Send a message to Tex on here. He is a wealth of information. He is the guy that hooked me on traditional! He won't steer you wrong.


----------



## longbow (Mar 31, 2009)

PaleHorse1 said:


> I am looking for some insight into traditional archery. Next year I should draw archery antelope tags in utah and wyoming. I have killed several archery antelope already, but I figure this type of hunt will be the perfect one to cut my traditional teeth on. My question is what shop along the wasatch front is the most traditional friendly and knowledgeable? Jakes? Also reading material or videos? I would recommend "Instinctive Shooting" by G. Fred Asbel. Dang good book for learning to shoot a recurve or longbow.  Longbow vs recurve? Either one really. Longbows are the easiest to shoot. Recurves are faster and shorter. Both will kill anything that walks this planet. Arrow weight and construction. Determining arrow weight is something you'll have to wait until you settle on a bow weight and arrow type. You can shoot wood like I do or a lighter arrow like aluminum or composite. Broadhead type, I still shoot Zwicky Black Diamonds. If your not up to sharpening your own, try a solid, non-expanding broadhead with replaceable blades. I'm not "up" on the latest modular broadheads but there a ton of good solid heads out there. Sorry I can't help you with any brand names. I've shot Zwickys for close to 30 years(?) and have never seen one single reason to shoot anything else. ect, ect? I know there are some pretty hard core traditional guys on this site, your help would be greatly appreciated! Thanks! My best advise is to hook up with an experienced traditional archer or drop in to Jakes and let them walk you through it. I wish you were about 3000 miles closer. I'd love to help you out. Good luck! You're going to LOVE the traditional life.


...


----------



## rsb_924 (May 30, 2014)

*trad man myself*

I've been into traditional archery for 15 years now and archery all together for 38 years.. have shot both compound and trad. but the last 15, 16 years have been with traditional gear. if there is any thing i can do let me know. be more then happy to help in anyway i can.


----------



## Springville Shooter (Oct 15, 2010)

Do they still make Rocky Mountain Razor broad heads? I put some big holes in blacktail deer back in the day with my recurve. Killed a bear, some piggies, and turkeys too. Anything within 20 yards died. 

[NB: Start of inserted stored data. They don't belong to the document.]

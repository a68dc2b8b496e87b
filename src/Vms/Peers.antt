-- ===== src/Vms/Peers.antt =====
-- extensions-controller/internal/common/vmsrest/peer_resolution.go: the ReplicationPeer of each
-- topology entry. The REST client of a cluster and its List call are arguments.
pub mod Resolve
pub mod Index
pub mod Laws
use vast_csi.Prelude.{
  ℕ, suc, String, Bool, true, false, not, ◌&&◌, ◌||◌, Option, none, some, List, [], ◌∷◌, Result, ok,
  err, str_eq, has, add, sort_strings, keep_if, lookup, insert, if◌then◌else◌,
}
use vast_csi.Spec.Types.{ReplicationTarget}

-- StorageClass name to the names of the peers that are visible on its cluster.
abbrev pub PeerNamesBySc : Type 0
PeerNamesBySc = List (String × List String)

pub data PeerError : Type 0 where
  no_source_data no_destination_data no_shared : PeerError
  not_on_both many_shared : List String → PeerError

-- The entry takes part in the edges of the StorageClass.
abbrev pub involves : String → ReplicationTarget → Bool
involves sc_name t = str_eq t.source sc_name || str_eq t.destination sc_name

unfoldable pub storage_class_needs_peer_discovery : String → List ReplicationTarget → Bool
storage_class_needs_peer_discovery sc_name [] = false
storage_class_needs_peer_discovery sc_name (t ∷ ts) =
    str_eq t.peer_name "" && involves sc_name t || storage_class_needs_peer_discovery sc_name ts

-- The loop of `explicitPeerNamesForSC` over the keys of `seen`.
unfoldable pub explicit_from : String → List String → List ReplicationTarget → List String
explicit_from sc_name seen [] = seen
explicit_from sc_name seen (t ∷ ts) =
    explicit_from sc_name
      (if not (str_eq t.peer_name "") && involves sc_name t then add t.peer_name seen else seen) ts

unfoldable pub explicit_peer_names_for_sc : String → List ReplicationTarget → List String
explicit_peer_names_for_sc sc_name topology = sort_strings (explicit_from sc_name [] topology)

-- The names present on both sides, sorted.
unfoldable pub shared_names : List String → List String → List String
shared_names src_names dst_names = sort_strings (keep_if (λ name. has name dst_names) src_names)

-- Auto-discovery: the `switch` on the number of shared names, and the new value of `t.PeerName`.
unfoldable pub discover_peer : ReplicationTarget → List String → Result PeerError ReplicationTarget
discover_peer t [] = err no_shared
discover_peer t (name ∷ []) = ok (record t { peer_name = name })
discover_peer t (name ∷ other ∷ more) = err (many_shared (name ∷ other ∷ more))

-- What `ResolvePeerName` does with the shared names.
unfoldable pub choose_peer : ReplicationTarget → List String → Result PeerError ReplicationTarget
choose_peer t shared =
    if str_eq t.peer_name ""
    then discover_peer t shared
    else if has t.peer_name shared
    then ok t
    else err (not_on_both shared)

unfoldable pub resolve_peer_name :
    ReplicationTarget → PeerNamesBySc → Result PeerError ReplicationTarget
resolve_peer_name t peers_by_sc = elim (lookup t.source peers_by_sc) [
  | none ↦ err no_source_data
  | some src_names ↦ elim (lookup t.destination peers_by_sc) [
    | none ↦ err no_destination_data
    | some dst_names ↦ choose_peer t (shared_names src_names dst_names)
  ]
]

-- The loop of `ResolveAndFetchTopologyPeers`: the topology as the calls have changed it so far, and
-- the index and error of the first entry that fails.
unfoldable pub resolve_entries :
    ℕ → PeerNamesBySc → List ReplicationTarget → List ReplicationTarget × Option (ℕ × PeerError)
resolve_entries i peers_by_sc [] = ([], none)
resolve_entries i peers_by_sc (t ∷ ts) = elim (resolve_peer_name t peers_by_sc) [
  | err e ↦ (t ∷ ts, some (i, e))
  | ok t' ↦ let (ts', failed) = resolve_entries (suc i) peers_by_sc ts in (t' ∷ ts', failed)
]

-- One step of `topologyPeerNamesBySC`: `seen[scName][t.PeerName] = struct{}{}`.
abbrev pub note_peer : String → String → PeerNamesBySc → PeerNamesBySc
note_peer sc_name peer seen =
    insert sc_name (elim (lookup sc_name seen) [ none ↦ peer ∷ [] | some names ↦ add peer names ])
      seen

unfoldable pub note_peers : PeerNamesBySc → List ReplicationTarget → PeerNamesBySc
note_peers seen [] = seen
note_peers seen (t ∷ ts) =
    note_peers
      (if str_eq t.peer_name ""
        then seen
        else note_peer t.destination t.peer_name (note_peer t.source t.peer_name seen))
      ts

unfoldable pub sort_values : PeerNamesBySc → PeerNamesBySc
sort_values [] = []
sort_values ((sc_name, names) ∷ m) = (sc_name, sort_strings names) ∷ sort_values m

unfoldable pub topology_peer_names_by_sc : List ReplicationTarget → PeerNamesBySc
topology_peer_names_by_sc topology = sort_values (note_peers [] topology)

-- The keys of the set that `BuildPeerNamesBySC` fills from a list of peers.
unfoldable pub name_set : List String → List String
name_set [] = []
name_set (name ∷ names) = add name (name_set names)

pub data TopologyError (E : Type 0) : Type 0 where
  list_failed fetch_failed : String → E → TopologyError E
  no_client : String → TopologyError E
  invalid : ℕ → PeerError → TopologyError E

-- name__in with these names, or no filter where there are none.
abbrev pub name_filter : List String → Option (List String)
name_filter [] = none
name_filter (name ∷ names) = some (name ∷ names)

-- The filter that `BuildPeerNamesBySC` puts on the query of one cluster.
unfoldable pub peer_filter : String → List ReplicationTarget → Option (List String)
peer_filter sc_name topology =
    if storage_class_needs_peer_discovery sc_name topology
    then none
    else name_filter (explicit_peer_names_for_sc sc_name topology)

-- `list_peers rest (some names)` is `ReplicationPeers.List` with the filter name__in, and
-- `list_peers rest none` the same with no filter on names; the result is the names of the peers.
module _ {Rest E : Type 0} (list_peers : Rest → Option (List String) → Result E (List String)) where
  unfoldable pub build_peer_names_by_sc :
      List (String × Rest) → List ReplicationTarget → Result (TopologyError E) PeerNamesBySc
  build_peer_names_by_sc [] topology = ok []
  build_peer_names_by_sc ((sc_name, rest) ∷ clients) topology =
      elim (list_peers rest (peer_filter sc_name topology)) [
        | err e ↦ err (list_failed sc_name e)
        | ok names ↦ elim (build_peer_names_by_sc clients topology) [
          | err e ↦ err e
          | ok result ↦ ok ((sc_name, name_set names) ∷ result)
        ]
      ]

  -- The loop of `FetchTopologyPeers`.
  unfoldable pub fetch_peers :
      List (String × Rest) → PeerNamesBySc → Result (TopologyError E) (Unit {0})
  fetch_peers clients [] = ok tt
  fetch_peers clients ((sc_name, names) ∷ more) = elim (lookup sc_name clients) [
    | none ↦ err (no_client sc_name)
    | some rest ↦ elim (list_peers rest (some names)) [
      | err e ↦ err (fetch_failed sc_name e)
      | ok _ ↦ fetch_peers clients more
    ]
  ]

  -- What is left to do after the loop over the topology.
  unfoldable pub fetch_resolved :
      List (String × Rest)
      → List ReplicationTarget × Option (ℕ × PeerError)
      → List ReplicationTarget × Result (TopologyError E) (Unit {0})
  fetch_resolved clients (topology, some (i, e)) = (topology, err (invalid i e))
  fetch_resolved clients (topology, none) =
      (topology, fetch_peers clients (topology_peer_names_by_sc topology))

  -- The topology as it is left behind, and the error if there is one.
  unfoldable pub resolve_and_fetch_topology_peers :
      List (String × Rest)
      → List ReplicationTarget
      → List ReplicationTarget × Result (TopologyError E) (Unit {0})
  resolve_and_fetch_topology_peers clients topology =
      elim (build_peer_names_by_sc clients topology) [
        | err e ↦ (topology, err e)
        | ok peers_by_sc ↦ fetch_resolved clients (resolve_entries 0 peers_by_sc topology)
      ]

Ahhhh the Trout Creek Mountains traditional archery hunt. Now that was fun! ------SS


----------



## rsb_924 (May 30, 2014)

Springville Shooter said:


> Do they still make Rocky Mountain Razor broad heads? I put some big holes in blacktail deer back in the day with my recurve. Killed a bear, some piggies, and turkeys too. Anything within 20 yards died.
> 
> Ahhhh the Trout Creek Mountains traditional archery hunt. Now that was fun! ------SS


unfortunately they don't make rocky mountains any more. if you look on ebay and other Amazon, etc. i found some and bought them.


----------